__ACTION ITEM__. Please repeat the lines below exactly. Begin with the line containing "type s reason message).meta ≡ m" and go on through the line containing "(λ true_now. Sat-ret".

[Dataset records]
════════════════════
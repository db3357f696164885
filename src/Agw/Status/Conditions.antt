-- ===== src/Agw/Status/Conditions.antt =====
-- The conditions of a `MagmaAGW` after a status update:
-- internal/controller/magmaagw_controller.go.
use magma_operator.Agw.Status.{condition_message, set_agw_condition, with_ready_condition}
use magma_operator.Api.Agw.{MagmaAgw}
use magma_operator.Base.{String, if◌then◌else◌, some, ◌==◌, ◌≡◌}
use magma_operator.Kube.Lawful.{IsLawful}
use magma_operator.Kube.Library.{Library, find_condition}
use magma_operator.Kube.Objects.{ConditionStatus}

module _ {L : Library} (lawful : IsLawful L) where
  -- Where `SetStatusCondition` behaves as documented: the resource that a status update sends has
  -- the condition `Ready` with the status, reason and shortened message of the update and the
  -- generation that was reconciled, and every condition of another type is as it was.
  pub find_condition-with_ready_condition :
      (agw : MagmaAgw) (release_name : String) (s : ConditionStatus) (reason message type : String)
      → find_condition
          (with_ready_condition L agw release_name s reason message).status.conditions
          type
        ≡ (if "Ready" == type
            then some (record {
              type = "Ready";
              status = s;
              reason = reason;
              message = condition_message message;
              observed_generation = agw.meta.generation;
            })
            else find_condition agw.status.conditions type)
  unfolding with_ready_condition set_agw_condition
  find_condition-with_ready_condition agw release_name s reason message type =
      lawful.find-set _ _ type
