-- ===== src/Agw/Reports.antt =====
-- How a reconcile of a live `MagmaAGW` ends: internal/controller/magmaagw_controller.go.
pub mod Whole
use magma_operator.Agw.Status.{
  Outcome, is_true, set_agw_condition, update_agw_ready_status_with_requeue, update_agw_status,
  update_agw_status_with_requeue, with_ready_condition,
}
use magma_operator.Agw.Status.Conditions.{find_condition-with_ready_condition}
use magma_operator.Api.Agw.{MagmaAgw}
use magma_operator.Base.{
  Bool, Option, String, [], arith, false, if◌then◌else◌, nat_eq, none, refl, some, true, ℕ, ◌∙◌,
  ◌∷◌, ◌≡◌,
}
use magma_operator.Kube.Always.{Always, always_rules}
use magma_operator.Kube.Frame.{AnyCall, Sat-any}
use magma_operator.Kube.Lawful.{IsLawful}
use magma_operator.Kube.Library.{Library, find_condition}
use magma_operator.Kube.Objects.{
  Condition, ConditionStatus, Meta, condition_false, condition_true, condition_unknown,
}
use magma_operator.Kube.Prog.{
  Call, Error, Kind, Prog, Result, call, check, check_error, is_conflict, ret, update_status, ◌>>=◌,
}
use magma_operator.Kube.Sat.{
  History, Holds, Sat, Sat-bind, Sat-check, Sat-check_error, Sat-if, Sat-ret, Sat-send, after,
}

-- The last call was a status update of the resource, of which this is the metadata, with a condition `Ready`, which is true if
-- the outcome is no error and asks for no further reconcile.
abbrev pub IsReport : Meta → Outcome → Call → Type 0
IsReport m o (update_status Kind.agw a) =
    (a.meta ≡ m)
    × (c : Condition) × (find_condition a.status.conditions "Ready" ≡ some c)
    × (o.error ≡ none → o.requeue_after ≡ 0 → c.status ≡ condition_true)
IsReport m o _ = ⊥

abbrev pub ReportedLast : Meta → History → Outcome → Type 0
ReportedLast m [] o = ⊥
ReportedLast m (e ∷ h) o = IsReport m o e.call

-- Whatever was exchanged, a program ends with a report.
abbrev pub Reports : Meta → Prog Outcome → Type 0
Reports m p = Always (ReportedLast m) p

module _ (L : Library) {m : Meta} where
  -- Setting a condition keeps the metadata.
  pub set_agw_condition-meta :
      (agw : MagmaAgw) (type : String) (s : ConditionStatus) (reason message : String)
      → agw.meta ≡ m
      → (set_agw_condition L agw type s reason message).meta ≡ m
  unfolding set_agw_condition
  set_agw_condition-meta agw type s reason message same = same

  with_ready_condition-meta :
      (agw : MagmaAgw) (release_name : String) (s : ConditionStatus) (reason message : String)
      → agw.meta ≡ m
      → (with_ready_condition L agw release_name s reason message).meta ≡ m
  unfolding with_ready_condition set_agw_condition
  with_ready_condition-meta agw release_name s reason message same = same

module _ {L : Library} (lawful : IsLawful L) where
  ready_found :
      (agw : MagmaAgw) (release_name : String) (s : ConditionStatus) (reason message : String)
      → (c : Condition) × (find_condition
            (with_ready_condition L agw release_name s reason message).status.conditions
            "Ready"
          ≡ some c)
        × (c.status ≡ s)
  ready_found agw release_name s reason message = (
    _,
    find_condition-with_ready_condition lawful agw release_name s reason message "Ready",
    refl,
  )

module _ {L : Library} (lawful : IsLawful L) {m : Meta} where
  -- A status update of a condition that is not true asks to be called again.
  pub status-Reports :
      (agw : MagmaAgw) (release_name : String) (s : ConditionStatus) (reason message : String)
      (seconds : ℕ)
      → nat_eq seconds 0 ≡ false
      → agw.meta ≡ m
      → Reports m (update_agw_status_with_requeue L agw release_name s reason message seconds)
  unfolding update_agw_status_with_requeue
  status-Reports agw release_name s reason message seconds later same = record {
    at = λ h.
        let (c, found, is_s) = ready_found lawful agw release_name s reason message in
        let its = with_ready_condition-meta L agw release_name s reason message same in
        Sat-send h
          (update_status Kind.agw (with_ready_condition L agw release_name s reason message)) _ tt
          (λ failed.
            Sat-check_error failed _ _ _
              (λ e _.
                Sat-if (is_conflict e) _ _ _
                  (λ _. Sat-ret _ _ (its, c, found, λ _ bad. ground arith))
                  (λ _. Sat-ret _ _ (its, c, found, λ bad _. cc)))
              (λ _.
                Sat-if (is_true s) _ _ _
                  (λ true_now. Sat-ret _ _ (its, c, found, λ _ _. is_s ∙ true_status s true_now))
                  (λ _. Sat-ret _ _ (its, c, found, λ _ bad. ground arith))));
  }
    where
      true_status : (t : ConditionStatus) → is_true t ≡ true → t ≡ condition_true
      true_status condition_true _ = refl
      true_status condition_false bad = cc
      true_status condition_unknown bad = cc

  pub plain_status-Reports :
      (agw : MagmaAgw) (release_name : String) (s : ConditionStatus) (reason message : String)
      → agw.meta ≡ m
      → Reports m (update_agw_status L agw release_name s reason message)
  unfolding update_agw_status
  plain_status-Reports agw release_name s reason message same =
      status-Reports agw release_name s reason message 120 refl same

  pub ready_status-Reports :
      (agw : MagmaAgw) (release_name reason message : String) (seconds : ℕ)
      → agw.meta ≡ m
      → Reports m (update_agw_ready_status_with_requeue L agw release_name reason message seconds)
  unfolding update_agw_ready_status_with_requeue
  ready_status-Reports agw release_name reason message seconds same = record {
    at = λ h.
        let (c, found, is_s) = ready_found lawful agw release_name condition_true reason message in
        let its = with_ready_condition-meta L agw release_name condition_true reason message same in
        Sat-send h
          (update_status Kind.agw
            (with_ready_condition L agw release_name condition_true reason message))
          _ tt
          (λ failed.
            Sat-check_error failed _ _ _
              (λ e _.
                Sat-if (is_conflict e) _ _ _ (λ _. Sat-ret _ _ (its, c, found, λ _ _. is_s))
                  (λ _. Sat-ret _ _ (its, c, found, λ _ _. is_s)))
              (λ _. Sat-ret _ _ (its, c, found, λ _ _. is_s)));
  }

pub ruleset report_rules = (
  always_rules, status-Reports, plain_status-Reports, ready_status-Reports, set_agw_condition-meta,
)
════════════════════
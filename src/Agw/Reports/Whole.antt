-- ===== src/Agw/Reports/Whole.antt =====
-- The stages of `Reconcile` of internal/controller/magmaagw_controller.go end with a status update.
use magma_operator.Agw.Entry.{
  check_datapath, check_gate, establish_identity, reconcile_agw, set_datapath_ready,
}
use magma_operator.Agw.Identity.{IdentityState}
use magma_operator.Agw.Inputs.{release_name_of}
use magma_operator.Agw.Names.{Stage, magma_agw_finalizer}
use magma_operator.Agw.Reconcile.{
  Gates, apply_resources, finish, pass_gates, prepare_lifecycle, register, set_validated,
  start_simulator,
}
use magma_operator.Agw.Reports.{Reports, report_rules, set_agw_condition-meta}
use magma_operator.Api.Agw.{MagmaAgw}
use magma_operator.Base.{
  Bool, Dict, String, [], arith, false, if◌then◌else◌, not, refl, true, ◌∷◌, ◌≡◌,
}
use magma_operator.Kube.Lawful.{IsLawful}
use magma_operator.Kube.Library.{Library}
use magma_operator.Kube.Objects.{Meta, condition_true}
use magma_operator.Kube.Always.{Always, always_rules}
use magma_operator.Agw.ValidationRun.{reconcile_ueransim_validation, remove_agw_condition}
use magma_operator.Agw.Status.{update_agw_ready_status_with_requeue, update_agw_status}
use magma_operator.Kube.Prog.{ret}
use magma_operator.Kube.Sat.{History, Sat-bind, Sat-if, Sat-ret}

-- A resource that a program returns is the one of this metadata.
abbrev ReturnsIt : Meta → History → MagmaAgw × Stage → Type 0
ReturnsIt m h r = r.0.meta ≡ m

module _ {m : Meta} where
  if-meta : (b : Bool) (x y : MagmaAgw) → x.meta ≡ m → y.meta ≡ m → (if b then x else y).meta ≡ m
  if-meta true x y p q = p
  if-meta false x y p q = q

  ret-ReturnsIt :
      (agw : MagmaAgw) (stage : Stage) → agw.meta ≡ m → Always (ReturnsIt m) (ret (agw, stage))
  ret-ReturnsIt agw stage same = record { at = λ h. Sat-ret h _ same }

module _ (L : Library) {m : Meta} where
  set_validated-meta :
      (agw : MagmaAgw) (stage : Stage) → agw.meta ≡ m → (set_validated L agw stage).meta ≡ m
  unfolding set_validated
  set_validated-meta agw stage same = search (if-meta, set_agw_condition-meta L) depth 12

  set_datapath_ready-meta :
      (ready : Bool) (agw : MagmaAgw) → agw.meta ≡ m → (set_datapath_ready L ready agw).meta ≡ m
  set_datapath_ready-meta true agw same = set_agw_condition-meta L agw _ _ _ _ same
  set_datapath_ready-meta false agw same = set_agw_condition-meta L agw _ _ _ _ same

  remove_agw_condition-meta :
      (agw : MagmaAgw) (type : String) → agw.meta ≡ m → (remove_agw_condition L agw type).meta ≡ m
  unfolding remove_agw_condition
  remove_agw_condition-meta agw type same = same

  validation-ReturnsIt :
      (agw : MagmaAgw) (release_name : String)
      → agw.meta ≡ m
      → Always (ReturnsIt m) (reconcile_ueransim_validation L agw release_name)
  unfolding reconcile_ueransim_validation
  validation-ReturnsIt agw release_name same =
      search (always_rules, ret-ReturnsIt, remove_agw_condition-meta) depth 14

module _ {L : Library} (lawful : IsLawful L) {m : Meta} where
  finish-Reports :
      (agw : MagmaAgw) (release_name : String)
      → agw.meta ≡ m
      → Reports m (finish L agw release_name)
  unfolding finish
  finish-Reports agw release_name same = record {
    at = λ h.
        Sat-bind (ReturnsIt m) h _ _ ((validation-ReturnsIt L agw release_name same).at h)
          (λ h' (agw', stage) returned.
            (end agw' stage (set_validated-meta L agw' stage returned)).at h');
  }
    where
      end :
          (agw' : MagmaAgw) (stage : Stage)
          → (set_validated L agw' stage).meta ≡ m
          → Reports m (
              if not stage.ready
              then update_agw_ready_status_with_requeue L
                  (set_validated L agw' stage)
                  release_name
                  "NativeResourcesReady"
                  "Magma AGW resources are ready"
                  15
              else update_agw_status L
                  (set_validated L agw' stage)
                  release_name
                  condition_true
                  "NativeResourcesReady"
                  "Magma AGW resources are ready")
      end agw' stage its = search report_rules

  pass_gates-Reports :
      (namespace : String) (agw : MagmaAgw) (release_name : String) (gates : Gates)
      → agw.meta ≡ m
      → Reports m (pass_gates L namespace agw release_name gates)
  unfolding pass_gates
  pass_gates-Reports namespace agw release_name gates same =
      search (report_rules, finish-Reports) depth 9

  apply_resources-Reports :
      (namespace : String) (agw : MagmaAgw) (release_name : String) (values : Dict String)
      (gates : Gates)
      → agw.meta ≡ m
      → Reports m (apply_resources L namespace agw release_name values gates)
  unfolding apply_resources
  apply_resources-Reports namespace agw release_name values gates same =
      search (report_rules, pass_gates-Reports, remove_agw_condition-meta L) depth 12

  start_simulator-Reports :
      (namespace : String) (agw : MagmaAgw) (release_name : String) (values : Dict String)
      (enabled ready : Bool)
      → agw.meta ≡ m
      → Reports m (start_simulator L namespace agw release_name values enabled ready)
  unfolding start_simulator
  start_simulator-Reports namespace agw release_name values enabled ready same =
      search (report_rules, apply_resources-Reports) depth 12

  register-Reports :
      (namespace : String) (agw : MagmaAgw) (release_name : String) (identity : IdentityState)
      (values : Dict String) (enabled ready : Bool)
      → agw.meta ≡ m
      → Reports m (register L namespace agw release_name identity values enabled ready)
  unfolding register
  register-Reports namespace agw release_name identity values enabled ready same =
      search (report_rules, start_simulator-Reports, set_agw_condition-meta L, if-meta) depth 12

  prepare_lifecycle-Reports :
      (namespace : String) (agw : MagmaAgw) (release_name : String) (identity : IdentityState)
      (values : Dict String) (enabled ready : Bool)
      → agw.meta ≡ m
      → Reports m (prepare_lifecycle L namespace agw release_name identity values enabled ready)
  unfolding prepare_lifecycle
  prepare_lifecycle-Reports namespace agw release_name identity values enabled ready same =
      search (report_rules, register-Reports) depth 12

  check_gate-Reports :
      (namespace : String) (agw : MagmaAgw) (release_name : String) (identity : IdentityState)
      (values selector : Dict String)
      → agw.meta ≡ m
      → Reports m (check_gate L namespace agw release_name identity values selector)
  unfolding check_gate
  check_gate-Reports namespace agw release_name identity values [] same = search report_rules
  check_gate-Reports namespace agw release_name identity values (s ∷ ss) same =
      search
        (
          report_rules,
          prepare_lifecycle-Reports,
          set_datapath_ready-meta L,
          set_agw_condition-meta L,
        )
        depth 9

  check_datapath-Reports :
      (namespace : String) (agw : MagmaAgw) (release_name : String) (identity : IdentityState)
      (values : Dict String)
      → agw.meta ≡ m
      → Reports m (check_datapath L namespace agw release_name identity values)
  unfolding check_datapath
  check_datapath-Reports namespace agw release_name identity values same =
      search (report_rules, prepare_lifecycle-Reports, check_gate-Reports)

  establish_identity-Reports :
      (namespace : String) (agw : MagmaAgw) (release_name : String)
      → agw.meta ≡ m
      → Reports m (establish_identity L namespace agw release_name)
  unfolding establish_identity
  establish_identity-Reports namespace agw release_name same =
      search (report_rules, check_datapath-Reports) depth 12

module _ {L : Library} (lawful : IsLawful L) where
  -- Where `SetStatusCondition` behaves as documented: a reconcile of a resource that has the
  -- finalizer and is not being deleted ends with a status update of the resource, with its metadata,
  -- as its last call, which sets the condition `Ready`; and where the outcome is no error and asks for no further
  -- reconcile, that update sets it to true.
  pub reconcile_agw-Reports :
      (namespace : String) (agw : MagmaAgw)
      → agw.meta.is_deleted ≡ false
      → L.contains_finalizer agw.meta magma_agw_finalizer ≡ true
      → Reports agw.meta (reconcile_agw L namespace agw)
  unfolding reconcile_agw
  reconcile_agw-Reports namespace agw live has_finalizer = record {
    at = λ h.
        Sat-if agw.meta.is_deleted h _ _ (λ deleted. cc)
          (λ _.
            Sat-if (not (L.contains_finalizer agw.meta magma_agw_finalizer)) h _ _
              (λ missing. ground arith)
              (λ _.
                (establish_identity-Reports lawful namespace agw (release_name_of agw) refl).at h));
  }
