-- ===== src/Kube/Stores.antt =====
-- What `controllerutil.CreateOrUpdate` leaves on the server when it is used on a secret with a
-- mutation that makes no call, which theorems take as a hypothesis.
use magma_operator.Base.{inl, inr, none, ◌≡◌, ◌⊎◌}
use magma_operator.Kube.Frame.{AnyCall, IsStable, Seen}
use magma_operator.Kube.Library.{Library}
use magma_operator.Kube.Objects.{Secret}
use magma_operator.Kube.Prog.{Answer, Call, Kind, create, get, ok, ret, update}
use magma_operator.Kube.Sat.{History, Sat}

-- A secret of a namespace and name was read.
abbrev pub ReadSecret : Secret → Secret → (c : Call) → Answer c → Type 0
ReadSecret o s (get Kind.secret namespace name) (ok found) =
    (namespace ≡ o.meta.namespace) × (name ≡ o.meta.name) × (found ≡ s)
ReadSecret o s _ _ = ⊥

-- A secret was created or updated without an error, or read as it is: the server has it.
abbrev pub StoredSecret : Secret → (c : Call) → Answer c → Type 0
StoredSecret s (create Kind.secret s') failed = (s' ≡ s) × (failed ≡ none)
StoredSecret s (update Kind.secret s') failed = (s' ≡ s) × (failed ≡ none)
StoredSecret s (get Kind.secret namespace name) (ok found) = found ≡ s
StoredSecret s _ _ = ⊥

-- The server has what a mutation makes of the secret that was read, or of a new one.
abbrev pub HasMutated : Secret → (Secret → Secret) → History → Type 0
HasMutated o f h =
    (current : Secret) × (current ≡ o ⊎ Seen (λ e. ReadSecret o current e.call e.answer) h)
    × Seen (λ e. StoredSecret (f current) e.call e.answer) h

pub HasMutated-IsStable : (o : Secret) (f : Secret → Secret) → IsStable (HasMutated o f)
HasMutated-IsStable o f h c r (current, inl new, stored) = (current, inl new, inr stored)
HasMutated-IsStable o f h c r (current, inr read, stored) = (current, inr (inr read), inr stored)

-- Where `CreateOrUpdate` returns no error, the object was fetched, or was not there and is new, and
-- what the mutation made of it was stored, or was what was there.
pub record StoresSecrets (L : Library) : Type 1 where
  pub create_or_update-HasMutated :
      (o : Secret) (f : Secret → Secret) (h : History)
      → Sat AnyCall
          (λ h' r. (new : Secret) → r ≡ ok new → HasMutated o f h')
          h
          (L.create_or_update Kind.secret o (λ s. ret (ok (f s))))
════════════════════
__SOLUTION__.
      → (set_agw_condition L agw type s reason message).meta ≡ m
  unfolding set_agw_condition
  set_agw_condition-meta agw type s reason message same = same

  with_ready_condition-meta :
      (agw : MagmaAgw) (release_name : String) (s : ConditionStatus) (reason message : String)
      → agw.meta ≡ m
      → (with_ready_condition L agw release_name s reason message).meta ≡ m
  unfolding with_ready_condition set_agw_condition
  with_ready_condition-meta agw release_name s reason message same = same

module _ {L : Library} (lawful : IsLawful L) where
  ready_found :
      (agw : MagmaAgw) (release_name : String) (s : ConditionStatus) (reason message : String)
      → (c : Condition) × (find_condition
            (with_ready_condition L agw release_name s reason message).status.conditions
            "Ready"
          ≡ some c)
        × (c.status ≡ s)
  ready_found agw release_name s reason message = (
    _,
    find_condition-with_ready_condition lawful agw release_name s reason message "Ready",
    refl,
  )

module _ {L : Library} (lawful : IsLawful L) {m : Meta} where
  -- A status update of a condition that is not true asks to be called again.
  pub status-Reports :
      (agw : MagmaAgw) (release_name : String) (s : ConditionStatus) (reason message : String)
      (seconds : ℕ)
      → nat_eq seconds 0 ≡ false
      → agw.meta ≡ m
      → Reports m (update_agw_status_with_requeue L agw release_name s reason message seconds)
  unfolding update_agw_status_with_requeue
  status-Reports agw release_name s reason message seconds later same = record {
    at = λ h.
        let (c, found, is_s) = ready_found lawful agw release_name s reason message in
        let its = with_ready_condition-meta L agw release_name s reason message same in
        Sat-send h
          (update_status Kind.agw (with_ready_condition L agw release_name s reason message)) _ tt
          (λ failed.
            Sat-check_error failed _ _ _
              (λ e _.
                Sat-if (is_conflict e) _ _ _
                  (λ _. Sat-ret _ _ (its, c, found, λ _ bad. ground arith))
                  (λ _. Sat-ret _ _ (its, c, found, λ bad _. cc)))
              (λ _.
                Sat-if (is_true s) _ _ _
                  (λ true_now. Sat-ret _ _ (its, c, found, λ _ _. is_s ∙ true_status s true_now))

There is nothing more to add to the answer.